Users who've already run the search scraper can pick their dataset from a dropdown and immediately enrich all those results. No manual copying. And here's how the Actor reads those datasets at runtime:

const input = await Actor.getInput();
const {
    searchResultsDatasetId = [],
    startUrls = [],
} = input || {};

const requestListSources = [...startUrls];

if (searchResultsDatasetId.length > 0) {
    log.info(`Loading data from ${searchResultsDatasetId.length} dataset(s)...`);
    for (const datasetId of searchResultsDatasetId) {
        const dataset = await Actor.openDataset(datasetId, { forceCloud: true });
        await dataset.forEach(async (item) => {
            if (!item?.url) return;
            requestListSources.push({ url: item.url });
        });
    }
}

// Merge URLs from both sources - direct startUrls and anything pulled
// from a previous dataset - then feed them into the request queue as normal
const requestQueue = await Actor.openRequestQueue();
for (const source of requestListSources) {
    await requestQueue.addRequest(source);
}

The two Actors work as a pipeline and the schema makes that obvious without any documentation. It's the kind of thing users notice and mention in reviews.

👉

Apify dataset documentation

The dataset picker dropdown showing a previous search run's dataset selected — The dataset picker dropdown

What I'd tell myself starting out

Six months and 20+ Actors in, the biggest shift in how I work is this: I design the schema before I write the scraper. The schema forces you to think about what the Actor actually needs from a user's perspective, and the scraper adapts to that. It's the opposite of how I started, where the schema was something I filled out at the end while thinking about something else.

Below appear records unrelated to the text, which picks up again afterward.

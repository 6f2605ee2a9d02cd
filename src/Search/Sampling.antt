-- ===== src/Search/Sampling.antt =====
-- tool/search.py: the runs of the overlapped GEMM that are sampled for a hint. The extension and the
-- device are not code of the repository's Python: a parameter, which takes a state and the monitor
-- matrix and returns both as the run leaves them.
pub mod Written
use ooverlap.Prelude.{
  ℕ, zero, suc, ◌+◌, ◌≡◌, Bool, true, false, ◌||◌, List, [], ◌∷◌, ◌++◌, length, replicate,
  if◌then◌else◌,
}
use ooverlap.Prelude.Int.{ℤ, pos, negsuc, is_negative}
use ooverlap.Prelude.Result.{Result, ok, err, value_error, runtime_error, ◌>>=◌}
use ooverlap.Search.Geometry.{
  div_up, tile_count, monitor_size, reset_monitor_matrix, monitor_order_view,
}
use ooverlap.Search.Segments.{window_segments}
use ooverlap.Search.Latency.{CommOp, all_reduce, reduce_scatter, other_op}
use ooverlap.Search.Hint.{Sample, HintResult, compute_stable_hint_from_rounds}

pub record Gpu : Type 1 where
  pub Device : Type 0
  pub gemm_allreduce_overlap : Device → List ℤ → Device × List ℤ
  pub gemm_reducescatter_overlap : Device → List ℤ → Device × List ℤ

-- `int((order < 0).sum().item())` is not zero.
unfoldable pub any_missing : List ℤ → Bool
any_missing [] = false
any_missing (v ∷ order) = is_negative v || any_missing order

module _ (gpu : Gpu) where
  -- One call of the extension, chosen by `comm_op`.
  unfoldable pub run_overlap : CommOp → gpu.Device → List ℤ → Result (gpu.Device × List ℤ)
  run_overlap all_reduce dev mm = ok (gpu.gemm_allreduce_overlap dev mm)
  run_overlap reduce_scatter dev mm = ok (gpu.gemm_reducescatter_overlap dev mm)
  run_overlap other_op dev mm = err value_error

  module _ (comm_op : CommOp) (tile_num seg_size : ℕ) where
    -- The body of the loop of `collect_monitor_samples`.
    unfoldable pub collect_sample : gpu.Device → List ℤ → Result (gpu.Device × List ℤ × Sample)
    collect_sample dev mm = do
      ran ← run_overlap comm_op dev (reset_monitor_matrix mm tile_num seg_size true)
      let order = monitor_order_view ran.1 tile_num seg_size
      if any_missing order then err runtime_error else ok (ran.0, ran.1, order)

    unfoldable pub collect_monitor_samples :
        (sample_count : ℕ) → gpu.Device → List ℤ → Result (gpu.Device × List ℤ × List Sample)
    collect_monitor_samples zero dev mm = ok (dev, mm, [])
    collect_monitor_samples (suc count) dev mm = do
      one ← collect_sample dev mm
      rest ← collect_monitor_samples count one.0 one.1
      ok (rest.0, rest.1, one.2 ∷ rest.2)

    -- The warm-up loop of `compute_hint_process`.
    unfoldable pub warm_up : (warmup : ℕ) → gpu.Device → List ℤ → Result (gpu.Device × List ℤ)
    warm_up zero dev mm = ok (dev, mm)
    warm_up (suc n) dev mm = do
      ran ← run_overlap comm_op dev (reset_monitor_matrix mm tile_num seg_size true)
      warm_up n ran.0 ran.1

    -- The rounds of samples: a second one only where the hint is to be confirmed.
    unfoldable pub collect_rounds :
        (effective_hint_confirm : Bool) (sample_count : ℕ)
        → gpu.Device
        → List ℤ
        → Result (List (List Sample))
    collect_rounds false count dev mm = do
      first ← collect_monitor_samples count dev mm
      ok (first.2 ∷ [])
    collect_rounds true count dev mm = do
      first ← collect_monitor_samples count dev mm
      confirm ← collect_monitor_samples count first.0 first.1
      ok (first.2 ∷ confirm.2 ∷ [])

  -- The work of one rank. What it allocates for A, B, C, D and the row remapping is not in the model.
  unfoldable pub compute_hint_process :
      CommOp
      → (m n bm bn window_size compute_sms nominal minimum : ℕ) → (effective_hint_confirm : Bool)
      → gpu.Device
      → Result HintResult
  compute_hint_process comm_op m n bm bn size compute_sms nominal minimum confirm dev = do
    tile_num ← tile_count m n bm bn
    cseg ← window_segments tile_num size
    let seg_size = length cseg
    let mm = replicate (monitor_size tile_num seg_size true) (pos 0)
    warm ← warm_up comm_op tile_num seg_size 100 dev mm
    rounds ← collect_rounds comm_op tile_num seg_size confirm 10 warm.0 warm.1
    compute_stable_hint_from_rounds rounds tile_num size compute_sms nominal minimum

The first time I applied this approach, deliberately designing the schema first on my TripAdvisor Reviews Scraper, I realized the main input I'd been planning didn't make sense from a user's perspective. I was thinking about the API endpoint, not the person filling out the form. The schema forced me to reframe it, and the Actor has been one of my cleanest since.

The Actors I'm least proud of are the ones I built earliest. A few still have raw enum values showing in dropdowns because I didn't know about enumTitles yet. They work fine technically, but I still get the occasional "this is confusing" message, and I know exactly where it's coming from.

One last thing worth mentioning: use prefill values in your schema fields. It's easy to overlook, but prefilling your main input field with a real example URL or username means users see a working example the moment they open your Actor - before they've read a single word of documentation. It's the smallest possible onboarding improvement, and it costs nothing.

If a user can't understand your Actor in 30 seconds, they won't run it. The schema is where that 30 seconds happens. Everything in this article is in service of that single goal: keep the top level clean, use the right field types, validate early, and group the complexity away from anyone who doesn't need it. The scraper is what makes your Actor good. The schema is what gets it used.